▸ **Task brief**
The word "Dict" marks the lines to report; pull each of them from the listing.

▸ **Data for this task**
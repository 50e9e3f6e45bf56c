-- ===== src/Prometheus/Tests.antt =====
-- Runs of the metrics cache, and its theorems at concrete inputs. A float64 is a number here.
use sg_core.Prelude.{
  ℕ, ◌≡◌, refl, Bool, false, String, List, [], ◌∷◌, Option, none, some, lookup, insert, map_values,
  pos, if◌then◌else◌,
}
use sg_core.Data.{Metric, MetricType, gauge}
use sg_core.Prometheus.Expiry.{ExpiryProc, new_expiry_proc}
use sg_core.Prometheus.Collector.{
  Desc, PromCollector, new_prom_collector, new_process, refresh, update_metrics, check_metrics,
  collect, cache_key,
}
use sg_core.Prometheus.Tracking.{Tracked, doom}
use sg_core.Prometheus.Staleness.{check_metrics-exact, update_metrics-Updated}
use sg_core.Prometheus.Collision.{update_metrics-collision}
use sg_core.Prometheus.Application.{Prometheus, new_prometheus, load, check_collectors, is_empty}
use sg_core.Prometheus.Collectors.{Enlisted}
use sg_core.Prometheus.Emptied.{check_collectors-exact}
use sg_core.Prometheus.Served
use sg_core.Prometheus.Served.{
  receives, checks_metrics, checks_collectors, run-Enlisted, new_prometheus-Enlisted,
}
use sg_core.Prometheus.History.{run, updates, checks, scrapes, run-Tracked}

-- A metric `up` with two labels.
abbrev up : String → String → ℕ → Metric ℕ
up host disk value = record {
  name = "up";
  time = 0;
  type = gauge;
  interval = pos 10;
  value = value;
  label_keys = "host" ∷ "disk" ∷ [];
  label_vals = host ∷ disk ∷ [];
}

abbrev const_metric : Desc → MetricType → ℕ → List String → Option ℕ
const_metric d t v ls = some v

abbrev stamp : ℕ → ℕ → ℕ
stamp t s = s

abbrev never_zero : ℕ → Bool
never_zero t = false

abbrev collector : PromCollector ℕ
collector = record { m_proc = []; dimensions = 2; with_timestamp = false; cache_index_builder = "" }

abbrev entries : ExpiryProc String
entries = record { entries = []; interval = pos 20 }

empty-Tracked : Tracked collector entries
unfolding lookup
empty-Tracked = record { keys = []; listed = refl; distinct = tt; matching = λ k. refl }

abbrev one : PromCollector ℕ × ExpiryProc String
one = update_metrics 5 (up "a" "c" 1) (collector, entries)

check_metrics-exact_example :
    ((j : String)
      → lookup j (check_metrics 30 (one.1, one.0)).1.m_proc
        ≡ (if doom 30 one.1.interval (lookup j one.0.m_proc) then none else lookup j one.0.m_proc))
    × Tracked (check_metrics 30 (one.1, one.0)).1 (check_metrics 30 (one.1, one.0)).0
check_metrics-exact_example =
    check_metrics-exact 30 one.1 one.0
      (update_metrics-Updated 5 (up "a" "c" 1) collector entries refl empty-Tracked).tracked

-- `host = "ab", disk = "c"` and `host = "a", disk = "bc"`.
update_metrics-collision_example :
    (lookup
        (cache_key "" "up" ("ab" ∷ "c" ∷ []))
        (update_metrics 6
          (up "a" "bc" 2)
          (update_metrics 5 (up "ab" "c" 1) (collector, entries))).0.m_proc
      ≡ some (refresh 6 (up "a" "bc" 2) (new_process 5 (up "ab" "c" 1))))
    × ((update_metrics 6
          (up "a" "bc" 2)
          (update_metrics 5 (up "ab" "c" 1) (collector, entries))).1.entries
        ≡ (update_metrics 5 (up "ab" "c" 1) (collector, entries)).1.entries)
unfolding cache_key lookup
update_metrics-collision_example =
    update_metrics-collision 5 6 (up "ab" "c" 1) (up "a" "bc" 2) collector entries refl refl
      empty-Tracked refl

abbrev calls : List (sg_core.Prometheus.History.Call ℕ)
calls = updates 5 (up "a" "c" 1) ∷ checks 30 ∷ scrapes ∷ checks 31 ∷ []

abbrev start : PromCollector ℕ × ExpiryProc String
start = (new_prom_collector 2 false, new_expiry_proc (pos 20))

-- The metric outlives the first check, which comes before a scrape, and not the second.
stale_goes : (run const_metric stamp never_zero calls start).1.entries ≡ []
unfolding run new_prom_collector new_expiry_proc update_metrics check_metrics collect cache_key
    lookup insert map_values
stale_goes = refl

run-Tracked_example :
    Tracked
      (run const_metric stamp never_zero calls start).0
      (run const_metric stamp never_zero calls start).1
    × ((run const_metric stamp never_zero calls start).0.cache_index_builder ≡ "")
run-Tracked_example = run-Tracked const_metric stamp never_zero calls 2 false (pos 20)

-- A metric comes and is checked; the collector, not yet empty, is checked as well.
abbrev plugin_calls : List (sg_core.Prometheus.Served.Call ℕ)
plugin_calls = receives 5 (up "a" "c" 1) ∷ checks_metrics 30 (pos 10) ∷ checks_collectors ∷ []

run-Enlisted_example : Enlisted (sg_core.Prometheus.Served.run plugin_calls new_prometheus)
run-Enlisted_example = run-Enlisted plugin_calls new_prometheus new_prometheus-Enlisted

abbrev plugin : Prometheus ℕ
plugin = sg_core.Prometheus.Served.run plugin_calls new_prometheus

check_collectors-exact_example :
    ((d : ℕ)
      → load d (check_collectors plugin).collectors
        ≡ (if is_empty (load d plugin.collectors) then none else load d plugin.collectors))
    × Enlisted (check_collectors plugin)
check_collectors-exact_example =
    check_collectors-exact plugin (run-Enlisted plugin_calls new_prometheus new_prometheus-Enlisted)
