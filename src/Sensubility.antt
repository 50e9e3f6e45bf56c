-- ===== src/Sensubility.antt =====
-- plugins/handler/sensubility-metrics: the health of containers as metrics.
pub mod Message
pub mod Metrics
pub mod Missing
pub mod Handled
pub mod Tests
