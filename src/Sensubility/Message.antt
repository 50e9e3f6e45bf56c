-- ===== src/Sensubility/Message.antt =====
-- plugins/handler/sensubility-metrics/pkg/sensu/sensu.go: the messages and what is missing in them.
use Prim.Native.String.{◌++◌}
use sg_core.Prelude.{
  ℕ, ◌+◌, Bool, true, false, String, str_eq, List, [], ◌∷◌, ℤ, if◌then◌else◌, join, decimal,
}

pub record Labels : Type 0 where
  pub client : String
  pub check : String
  pub severity : String

pub record Annotations (F : Type 0) : Type 0 where
  pub command : String
  pub issued : ℤ
  pub executed : ℤ
  pub duration : F
  pub output : String
  pub status : ℤ
  pub starts_at : String

pub record Message (F : Type 0) : Type 0 where
  pub labels : Labels
  pub annotations : Annotations F
  pub starts_at : String

-- An element of HealthCheckOutput.
pub record HealthCheck (F : Type 0) : Type 0 where
  pub service : String
  pub container : String
  pub status : String
  pub healthy : F

-- ErrMissingFields is the list of its fields; `add_missing_field` appends one.
unfoldable pub add_missing_field : String → List String → List String
add_missing_field f [] = f ∷ []
add_missing_field f (g ∷ gs) = g ∷ add_missing_field f gs

unfoldable pub missing_error : List String → String
missing_error fields = "missing fields in received data (" ++ (join ", " fields ++ ")")

module _ {F : Type 0} where
  unfoldable pub is_msg_valid : Message F → Bool
  is_msg_valid msg =
      if str_eq msg.starts_at "" then false else if str_eq msg.labels.client "" then false else true

  unfoldable pub is_output_valid : List (HealthCheck F) → Bool
  is_output_valid [] = true
  is_output_valid (out ∷ outs) =
      let rest = is_output_valid outs in if str_eq out.service "" then false else rest

  unfoldable pub build_msg_err : Message F → List String
  unfolding add_missing_field
  build_msg_err msg =
      let first : List String =
        if str_eq msg.starts_at "" then add_missing_field "startsAt" [] else [] in
      if str_eq msg.labels.client "" then add_missing_field "labels.client" first else first

  -- The loop of BuildOutputsErr, from an index on.
  unfoldable pub outputs_loop : ℕ → List (HealthCheck F) → List String → List String
  outputs_loop i [] err = err
  outputs_loop i (out ∷ outs) err = outputs_loop (i + 1) outs (
      if str_eq out.service ""
      then add_missing_field ("annotations.output[" ++ (decimal i ++ "].service")) err
      else err)

  unfoldable pub build_outputs_err : List (HealthCheck F) → List String
  unfolding outputs_loop
  build_outputs_err outputs = outputs_loop 0 outputs []
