-- ===== src/Sensubility/Metrics.antt =====
-- The handler of plugins/handler/sensubility-metrics/main.go. Decoding JSON, time.Parse and the
-- conversions to float64 are arguments.
use Prim.Native.String.{◌++◌}
use sg_core.Prelude.{
  ℕ, Bool, String, List, [], ◌∷◌, Option, length, if◌then◌else◌, ℤ, pos, ◌+ℤ◌, ◌*ℤ◌, wrap64, ltbℤ,
  ◌||◌, ◌⊎◌, inl, inr,
}
use sg_core.Data.{Metric, gauge}
use sg_core.Handler.{Published, publish_metric, publish_event, error_event, own_metric, second}
use sg_core.Events.Time.{epoch_from_format}
use sg_core.Sensubility.Message.{
  Message, HealthCheck, is_msg_valid, is_output_valid, build_msg_err, build_outputs_err,
  missing_error,
}

pub record Handler (F : Type 0) : Type 0 where
  pub total_metrics_decoded : ℤ
  pub total_decode_errors : ℤ
  pub total_messages_received : ℤ
  pub metric_interval : ℤ
  pub out : Published F

-- What Handle returns: no error, or the text of one.
pub data Returned : Type 0 where
  no_error : Returned
  error_of : String → Returned

abbrev pub identify : String
identify = "sensubility-metrics"

-- An int64 counter goes up by a number.
abbrev pub add64 : ℤ → ℕ → ℤ
add64 c n = wrap64 (c +ℤ pos n)

module _ {F : Type 0} (float64 : ℕ → F) (float64_of_int : ℤ → F) where
  unfoldable pub publish_err_event : String → Handler F → Handler F
  unfolding error_event publish_event
  publish_err_event err sm = record sm {
    out =
        publish_event
          (error_event float64 identify err "failed to parse event - disregarding"
            "internal smartgateway sensubility handler error")
          sm.out;
  }

  -- An invalid message counts as one error and is reported if that is asked for.
  unfoldable pub reject : Bool → List String → Handler F → Handler F
  unfolding publish_err_event
  reject report_errors fields sm =
      let counted : Handler F = record sm {
        total_decode_errors = add64 sm.total_decode_errors 1;
      } in
      if report_errors then publish_err_event (missing_error fields) counted else counted

  unfoldable pub output_metric : Handler F → ℤ → Message F → HealthCheck F → Metric F
  output_metric sm epoc msg output = record {
    name = "sensubility_container_health_status";
    time = float64_of_int epoc;
    type = gauge;
    interval = wrap64 (second *ℤ sm.metric_interval);
    value = output.healthy;
    label_keys = "process" ∷ "host" ∷ [];
    label_vals = output.service ∷ msg.labels.client ∷ [];
  }

  unfoldable pub write_outputs : ℤ → Message F → List (HealthCheck F) → Handler F → Handler F
  unfolding publish_metric output_metric
  write_outputs epoc msg [] sm = sm
  write_outputs epoc msg (output ∷ outputs) sm = write_outputs epoc msg outputs (record sm {
    total_metrics_decoded = add64 sm.total_metrics_decoded 1;
    out = publish_metric (output_metric sm epoc msg output) sm.out;
  })

  module _ (unmarshal_outputs : String → String ⊎ List (HealthCheck F))
      (time_parse : String → String → Option ℤ) where
    -- Handle, once the outputs of a valid message are decoded.
    unfoldable pub handle_outputs :
        Bool → Message F → List (HealthCheck F) → Handler F → Handler F × Returned
    unfolding epoch_from_format
    handle_outputs report_errors msg outputs sm =
        if is_output_valid outputs
        then (let epoc = epoch_from_format time_parse msg.starts_at in
            if ltbℤ epoc (pos 0) || ltbℤ (pos 0) epoc
            then (write_outputs epoc msg outputs sm, no_error)
            else (
              sm,
              error_of ("failed determining epoch time from timestamp '" ++ (msg.starts_at ++ "'")),
            ))
        else (let fields = build_outputs_err outputs in
            let sm' = reject report_errors fields sm in
            (
              record sm' { total_decode_errors = add64 sm'.total_decode_errors (length fields) },
              error_of (missing_error fields),
            ))

    -- Handle, from what decoding made of the message.
    unfoldable pub handle : (String ⊎ Message F) → Bool → Handler F → Handler F × Returned
    unfolding handle_outputs reject
    handle (inl err) report_errors sm =
        (record sm { total_messages_received = add64 sm.total_messages_received 1 }, error_of err)
    handle (inr msg) report_errors sm =
        let received : Handler F = record sm {
          total_messages_received = add64 sm.total_messages_received 1;
        } in
        if is_msg_valid msg
        then elim (unmarshal_outputs msg.annotations.output) [
          | inl err ↦ (received, error_of err)
          | inr outputs ↦ handle_outputs report_errors msg outputs received
        ]
        else (
          reject report_errors (build_msg_err msg) received,
          error_of (missing_error (build_msg_err msg)),
        )

  -- What Run sends for each tick of its timer; the counters are converted from int64.
  unfoldable pub run_tick : Handler F → Handler F
  unfolding own_metric publish_metric
  run_tick sm = record sm {
    out =
        publish_metric
          (record (own_metric float64 "sg_total_sensubility_msg_received_count" 0) {
            value = float64_of_int sm.total_messages_received;
          })
          (publish_metric
            (record (own_metric float64 "sg_total_sensubility_metric_decode_error_count" 0) {
              value = float64_of_int sm.total_decode_errors;
            })
            (publish_metric
              (record (own_metric float64 "sg_total_sensubility_metric_decode_count" 0) {
                value = float64_of_int sm.total_metrics_decoded;
              })
              sm.out));
  }

-- Config, with what config.ParseConfig makes of the interval: it may set it, and fail.
unfoldable pub configure :
    {F : Type 0} → (ℤ → ℤ × Option String) → Handler F → Handler F × Option String
configure parse_config sm =
    let parsed = parse_config (pos 10) in (record sm { metric_interval = parsed.0 }, parsed.1)
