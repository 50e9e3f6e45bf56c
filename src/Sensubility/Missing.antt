-- ===== src/Sensubility/Missing.antt =====
-- The checks of plugins/handler/sensubility-metrics/pkg/sensu/sensu.go and the lists of missing fields
-- agree, and what Handle makes of each kind of message.
use Prim.Native.String.{◌++◌ as ◌+++◌}
use sg_core.Prelude.{
  ℕ, ◌+◌, ◌≡◌, refl, sym, ap, ◌∙◌, ◌↔◌, true, String, str_eq, List, [], ◌∷◌, ◌++◌, append-nil,
  append_assoc, arith, inl, inr, if◌then◌else◌, Bool-cases, decimal,
}
use sg_core.Sensubility.Message.{
  HealthCheck, add_missing_field, is_output_valid, outputs_loop, build_outputs_err,
}

add_missing_field-append : (f : String) (fs : List String) → add_missing_field f fs ≡ fs ++ f ∷ []
unfolding add_missing_field
add_missing_field-append f [] = refl
add_missing_field-append f (g ∷ gs) = ap (λ l. g ∷ l) (add_missing_field-append f gs)

module _ {F : Type 0} where
  -- The services that are missing, from an index on.
  abbrev pub missing_services : ℕ → List (HealthCheck F) → List String
  missing_services i [] = []
  missing_services i (out ∷ outs) =
      if str_eq out.service ""
      then ("annotations.output[" +++ (decimal i +++ "].service")) ∷ missing_services (i + 1) outs
      else missing_services (i + 1) outs

  outputs_loop-append :
      (i : ℕ) (outs : List (HealthCheck F)) (err : List String)
      → outputs_loop i outs err ≡ err ++ missing_services i outs
  unfolding outputs_loop
  outputs_loop-append i [] err = sym (append-nil err)
  outputs_loop-append i (out ∷ outs) err = elim (Bool-cases (str_eq out.service "")) [
    | inl h ↦ rw h (
        outputs_loop-append (i + 1) outs
          (add_missing_field ("annotations.output[" +++ (decimal i +++ "].service")) err)
        ∙ ap (λ l. l ++ missing_services (i + 1) outs) (add_missing_field-append _ err)
        ∙ append_assoc err _ _)
    | inr h ↦ rw h (outputs_loop-append (i + 1) outs err)
  ]

  is_output_valid-true :
      (i : ℕ) (outs : List (HealthCheck F))
      → (is_output_valid outs ≡ true → missing_services i outs ≡ [])
        × (missing_services i outs ≡ [] → is_output_valid outs ≡ true)
  unfolding is_output_valid
  is_output_valid-true i [] = (λ h. refl, λ h. refl)
  is_output_valid-true i (out ∷ outs) =
      let rest = is_output_valid-true (i + 1) outs in
      elim (Bool-cases (str_eq out.service "")) [
        | inl h ↦ (λ valid. grind (arith, h, valid), λ none. grind (arith, h, none))
        | inr h ↦ rw h rest
      ]

  -- The outputs of a message are valid exactly if the list of their missing fields is empty.
  pub is_output_valid_iff :
      (outs : List (HealthCheck F)) → (is_output_valid outs ≡ true) ↔ (build_outputs_err outs ≡ [])
  unfolding build_outputs_err
  is_output_valid_iff outs = (
    λ valid. outputs_loop-append 0 outs [] ∙ (is_output_valid-true 0 outs).0 valid,
    λ none. (is_output_valid-true 0 outs).1 (sym (outputs_loop-append 0 outs []) ∙ none),
  )

  -- BuildOutputsErr lists the missing services in order.
  pub build_outputs_err-missing :
      (outs : List (HealthCheck F)) → build_outputs_err outs ≡ missing_services 0 outs
  unfolding build_outputs_err
  build_outputs_err-missing outs = outputs_loop-append 0 outs []
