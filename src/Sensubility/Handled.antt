-- ===== src/Sensubility/Handled.antt =====
-- What Handle of plugins/handler/sensubility-metrics/main.go makes of each kind of message.
use sg_core.Prelude.{
  ℕ, ◌≡◌, refl, sym, ◌∙◌, Bool, true, false, String, List, [], ◌∷◌, ◌++◌, append-nil, append_assoc,
  map, length, ℤ, pos, ltbℤ, ◌||◌, Option, inr, ◌⊎◌,
}
use sg_core.Events.Time.{epoch_from_format}
use sg_core.Sensubility.Message.{Message, HealthCheck, missing_error, is_msg_valid, is_output_valid}
use sg_core.Sensubility.Metrics.{
  Handler, no_error, error_of, add64, reject, output_metric, write_outputs, handle_outputs, handle,
  publish_err_event,
}
use sg_core.Sensubility.Missing.{missing_services, build_outputs_err-missing}

-- A counter that goes up once for each element of a list.
abbrev pub count_each {ℓ} : {A : Type ℓ} → List A → ℤ → ℤ
count_each [] c = c
count_each (x ∷ xs) c = count_each xs (add64 c 1)

module _ {F : Type 0} (float64 : ℕ → F) (float64_of_int : ℤ → F) where
  -- A message that is handled to its end: one metric for each output, in order, and the counters.
  pub record Handled (epoc : ℤ) (msg : Message F) (outputs : List (HealthCheck F))
      (sm next : Handler F) : Type 0 where
    pub metrics :
        next.out.metrics
        ≡ sm.out.metrics ++ map (output_metric float64 float64_of_int sm epoc msg) outputs
    pub events : next.out.events ≡ sm.out.events
    pub decoded : next.total_metrics_decoded ≡ count_each outputs sm.total_metrics_decoded
    pub errors : next.total_decode_errors ≡ sm.total_decode_errors
    pub received : next.total_messages_received ≡ sm.total_messages_received

  write_outputs-Handled :
      (epoc : ℤ) (msg : Message F) (outputs : List (HealthCheck F)) (sm : Handler F)
      → Handled epoc msg outputs sm (write_outputs float64 float64_of_int epoc msg outputs sm)
  unfolding write_outputs output_metric
  write_outputs-Handled epoc msg [] sm = record {
    metrics = sym (append-nil sm.out.metrics);
    events = refl;
    decoded = refl;
    errors = refl;
    received = refl;
  }
  write_outputs-Handled epoc msg (output ∷ outputs) sm =
      let rest = write_outputs-Handled epoc msg outputs _ in
      record {
        metrics = rest.metrics ∙ append_assoc sm.out.metrics _ _;
        events = rest.events;
        decoded = rest.decoded;
        errors = rest.errors;
        received = rest.received;
      }

  module _ (unmarshal_outputs : String → String ⊎ List (HealthCheck F))
      (time_parse : String → String → Option ℤ) where
    abbrev pub received : Handler F → Handler F
    received sm = record sm { total_messages_received = add64 sm.total_messages_received 1 }

    -- A valid message, whose outputs decode and are valid and whose time is not 0, is handled without an
    -- error: one metric is published for each output, in order, and counted, and the message is counted.
    pub handle-Handled :
        (report : Bool) (msg : Message F) (outputs : List (HealthCheck F)) (sm : Handler F)
        → is_msg_valid msg ≡ true
        → unmarshal_outputs msg.annotations.output ≡ inr outputs
        → is_output_valid outputs ≡ true
        → (ltbℤ (epoch_from_format time_parse msg.starts_at) (pos 0)
            || ltbℤ (pos 0) (epoch_from_format time_parse msg.starts_at))
          ≡ true
        → let r = handle float64 float64_of_int unmarshal_outputs time_parse (inr msg) report sm in
          Handled (epoch_from_format time_parse msg.starts_at) msg outputs (received sm) (r.0)
          × (r.1 ≡ no_error)
    unfolding handle handle_outputs
    handle-Handled report msg outputs sm valid decoded services stamp =
        rw valid (rw decoded (rw services (rw stamp (write_outputs-Handled _ msg outputs _, refl))))

    -- A valid message, whose outputs decode but are not valid, publishes no metric: the error names the
    -- outputs without a service, and the decode errors go up by 1 and then by their number.
    pub handle-missing_services :
        (report : Bool) (msg : Message F) (outputs : List (HealthCheck F)) (sm : Handler F)
        → is_msg_valid msg ≡ true
        → unmarshal_outputs msg.annotations.output ≡ inr outputs
        → is_output_valid outputs ≡ false
        → let r = handle float64 float64_of_int unmarshal_outputs time_parse (inr msg) report sm in
          (r.0.out.metrics ≡ sm.out.metrics)
          × (r.0.total_decode_errors
              ≡ add64 (add64 sm.total_decode_errors 1) (length (missing_services 0 outputs)))
          × (r.1 ≡ error_of (missing_error (missing_services 0 outputs)))
    unfolding handle handle_outputs reject publish_err_event
    handle-missing_services true msg outputs sm valid decoded services =
        rw valid
          (rw decoded (rw services (rw (build_outputs_err-missing outputs) (refl, refl, refl))))
    handle-missing_services false msg outputs sm valid decoded services =
        rw valid
          (rw decoded (rw services (rw (build_outputs_err-missing outputs) (refl, refl, refl))))
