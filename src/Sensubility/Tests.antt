-- ===== src/Sensubility/Tests.antt =====
-- Runs of the sensubility handler: a float64 is a natural number here.
use sg_core.Prelude.{ℕ, ◌≡◌, refl, true, String, List, [], ◌∷◌, Option, some, ℤ, pos, ◌⊎◌, inr}
use sg_core.Events.Time.{epoch_from_format}
use sg_core.Sensubility.Message.{Message, HealthCheck, is_msg_valid, is_output_valid}
use sg_core.Sensubility.Metrics.{Handler, no_error, handle}
use sg_core.Sensubility.Handled.{Handled, received, handle-Handled}

abbrev good : HealthCheck ℕ
good = record { service = "glance"; container = "c1"; status = "healthy"; healthy = 1 }

abbrev bad : HealthCheck ℕ
bad = record { service = ""; container = "c2"; status = "unhealthy"; healthy = 0 }

abbrev report_msg : Message ℕ
report_msg = record {
  labels = record { client = "controller-0"; check = "check-container-health"; severity = "OKAY" };
  annotations = record {
    command = "";
    issued = pos 0;
    executed = pos 0;
    duration = 0;
    output = "[]";
    status = pos 0;
    starts_at = "";
  };
  starts_at = "2021-06-29T18:49:13Z";
}

abbrev start : Handler ℕ
start = record {
  total_metrics_decoded = pos 0;
  total_decode_errors = pos 0;
  total_messages_received = pos 0;
  metric_interval = pos 10;
  out = record { metrics = []; events = [] };
}

abbrev whole : ℤ → ℕ
whole (pos n) = n
whole z = 0

abbrev decode_good : String → String ⊎ List (HealthCheck ℕ)
decode_good s = inr (good ∷ good ∷ [])

abbrev decode_bad : String → String ⊎ List (HealthCheck ℕ)
decode_bad s = inr (good ∷ bad ∷ [])

abbrev clock : String → String → Option ℤ
clock layout ts = some (pos 1624992553)

handle-Handled_example :
    let r = handle (λ n. n) whole decode_good clock (inr report_msg) true start in
    Handled
      (λ n. n)
      whole
      (epoch_from_format clock report_msg.starts_at)
      report_msg
      (good ∷ good ∷ [])
      (received (λ n. n) whole decode_good clock start)
      r.0
    × (r.1 ≡ no_error)
unfolding epoch_from_format is_msg_valid is_output_valid
handle-Handled_example =
    handle-Handled (λ n. n) whole decode_good clock true report_msg (good ∷ good ∷ []) start refl
      refl refl refl
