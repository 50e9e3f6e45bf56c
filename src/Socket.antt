-- ===== src/Socket.antt =====
-- plugins/transport/socket/main.go: the socket transport.
pub mod Frame
pub mod Stream
pub mod Deliver
pub mod Receive
pub mod Chunks
pub mod Buffer
pub mod Safety
pub mod Setup
pub mod Tests
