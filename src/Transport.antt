-- ===== src/Transport.antt =====
-- The modes of pkg/transport/transport.go. A Mode is a number, and the table of `String` has two texts.
use sg_core.Prelude.{
  ℕ, zero, suc, ◌≡◌, refl, subst, String, [], ◌∷◌, none, some, Dict, lookup, to_lower, Outcome,
  returns, index, Option,
}

abbrev pub mode_write : ℕ
mode_write = 0

abbrev pub mode_read : ℕ
mode_read = 1

abbrev pub mod_str : Dict ℕ
mod_str = ("write", mode_write) ∷ ("read", mode_read) ∷ []

-- String: another number is out of the table's range.
unfoldable pub mode_string : ℕ → Outcome String
mode_string m = index ("WRITE" ∷ "READ" ∷ []) m

abbrev found : Option ℕ → ℕ
found none = 0
found (some m) = m

-- FromString: a text that is not in the table is the mode of writing.
unfoldable pub mode_from_string : String → ℕ
unfolding to_lower lookup
mode_from_string s = found (lookup (to_lower s) mod_str)

-- A mode that has a text is read from it.
mode_from_string-mode_string :
    (m : ℕ) (s : String) → mode_string m ≡ returns s → mode_from_string s ≡ m
unfolding mode_string mode_from_string to_lower lookup
mode_from_string-mode_string zero s h =
    let e : ◌≡◌ {A = String} "WRITE" s = cc h in subst (λ t. mode_from_string t ≡ 0) e refl
mode_from_string-mode_string (suc zero) s h =
    let e : ◌≡◌ {A = String} "READ" s = cc h in subst (λ t. mode_from_string t ≡ 1) e refl
mode_from_string-mode_string (suc (suc m)) s h = cc h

▸ **Your solution**
  ℕ, zero, suc, ◌≡◌, refl, subst, String, [], ◌∷◌, none, some, Dict, lookup, to_lower, Outcome,
abbrev pub mod_str : Dict ℕ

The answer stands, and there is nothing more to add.